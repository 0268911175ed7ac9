-- ===== src/App/Launch.antt =====
-- main.rs: the command that starts the helper process, and what `main` makes of it.
use mac_os_sstp_client.Prelude.{
  ℕ, zero, suc, ◌≡◌, refl, ap, sym, ◌∙◌, List, [], ◌∷◌, ◌++◌, append-nil, Option, none, some, false,
  ◌==◌, if◌then◌else◌,
}
use mac_os_sstp_client.Prelude.Text.{codes, Str}
use mac_os_sstp_client.Elevate.{shell_quote, do_shell_script}
use mac_os_sstp_client.Prelude.Command.{Command}
use mac_os_sstp_client.Prelude.Text.Lines.{strip_prefix}
use mac_os_sstp_client.Prelude.Text.Equal.{same_str}
use mac_os_sstp_client.Elevate.Quoting.{
  script_literal, privileges, sh_word, outside, IsWordEnd, shell_quote_lem,
}
use mac_os_sstp_client.App.{vpn_worker, worker_command, run_worker, main}

abbrev pub then_words : Str → Option (List Str) → Option (List Str)
then_words w none = none
then_words w (some ws) = some (w ∷ ws)

-- The words of a simple command, with blanks between them; the fuel counts the words and blanks.
unfoldable pub sh_words : ℕ → Str → Option (List Str)
sh_words zero s = none
sh_words (suc fuel) [] = some []
sh_words (suc fuel) (c ∷ cs) =
    let behind = sh_words fuel cs in
    if c == 0x20 then behind else elim (sh_word outside (c ∷ cs)) [
      | none ↦ none
      | some (w, rest) ↦ then_words w (sh_words fuel rest)
    ]

first_word :
    (fuel : ℕ) (c : ℕ) (cs w rest : Str)
    → (c == 0x20) ≡ false
    → sh_word outside (c ∷ cs) ≡ some (w, rest)
    → sh_words (suc fuel) (c ∷ cs) ≡ then_words w (sh_words fuel rest)
unfolding sh_words
first_word fuel c cs w rest n q = rw (n, q)

behind_blank : (fuel : ℕ) (cs : Str) → sh_words (suc fuel) (0x20 ∷ cs) ≡ sh_words fuel cs
unfolding sh_words
behind_blank fuel cs = refl

quoted_words :
    (fuel : ℕ) (s tail : Str)
    → IsWordEnd tail
    → sh_words (suc fuel) (shell_quote s ++ tail) ≡ then_words s (sh_words fuel tail)
unfolding shell_quote
quoted_words fuel s tail h = first_word fuel 0x27 _ s tail refl (shell_quote_lem s tail h)

flag_word : (cs : Str) → sh_word outside (vpn_worker ++ (0x20 ∷ cs)) ≡ some (vpn_worker, 0x20 ∷ cs)
unfolding sh_word
flag_word cs = refl

last_word : (fuel : ℕ) (s : Str) → sh_words (suc (suc fuel)) (shell_quote s) ≡ some (s ∷ [])
unfolding sh_words
last_word fuel s =
    ap (sh_words (suc (suc fuel))) (sym (append-nil (shell_quote s)))
    ∙ quoted_words (suc fuel) s [] tt

same_flag :
    (server username : Str) (exe : Str)
    → main (exe ∷ vpn_worker ∷ server ∷ username ∷ []) ≡ run_worker server username
unfolding main
same_flag server username exe = refl

-- Whatever the characters of the path, the server and the user name are: the shell splits the
-- command that starts the helper process into four words, and for these as its arguments `main`
-- runs the worker with the same server and user name.
pub worker_command_lem :
    (exe server username : Str)
    → (args : List Str) × (sh_words 9 (worker_command exe server username) ≡ some args)
      × (main args ≡ run_worker server username)
unfolding worker_command
worker_command_lem exe server username = (
  exe ∷ vpn_worker ∷ server ∷ username ∷ [],
  quoted_words 8 exe _ refl
      ∙ ap (then_words exe) (
          behind_blank 7 _
          ∙ first_word 6 0x2D _ vpn_worker _ refl (flag_word _)
          ∙ ap (then_words vpn_worker) (
              behind_blank 5 _
              ∙ quoted_words 4 server _ refl
              ∙ ap (then_words server) (behind_blank 3 _ ∙ last_word 1 username))),
  same_flag server username exe,
)

-- The words of the shell for a command whose program and arguments are `osascript -e` with
-- `do shell script`, one string and `with administrator privileges`.
abbrev pub privileged : Option (Str × Str) → Option (List Str)
privileged none = none
privileged (some (shell_cmd, rest)) =
    if same_str rest privileges then sh_words 9 shell_cmd else none

abbrev pub of_script : Option Str → Option (List Str)
of_script none = none
of_script (some literal) = privileged (script_literal false literal)

abbrev pub elevated_args : List Str → Option (List Str)
elevated_args (flag ∷ script ∷ []) =
    if same_str flag (codes "-e") then of_script (strip_prefix do_shell_script script) else none
elevated_args _ = none

pub elevated_words : Command → Option (List Str)
elevated_words command =
    if same_str command.program (codes "osascript") then elevated_args command.args else none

━━━━━━━━━━━━━━━━━━━━━━━━━━━━━━

* **ACTIVITY**
Every line in the data that holds the string "outside" should be copied.

* **RESPONSE BELOW**
  script_literal, privileges, sh_word, outside, IsWordEnd, shell_quote_lem,
    if c == 0x20 then behind else elim (sh_word outside (c ∷ cs)) [
    → sh_word outside (c ∷ cs) ≡ some (w, rest)
flag_word : (cs : Str) → sh_word outside (vpn_worker ++ (0x20 ∷ cs)) ≡ some (vpn_worker, 0x20 ∷ cs)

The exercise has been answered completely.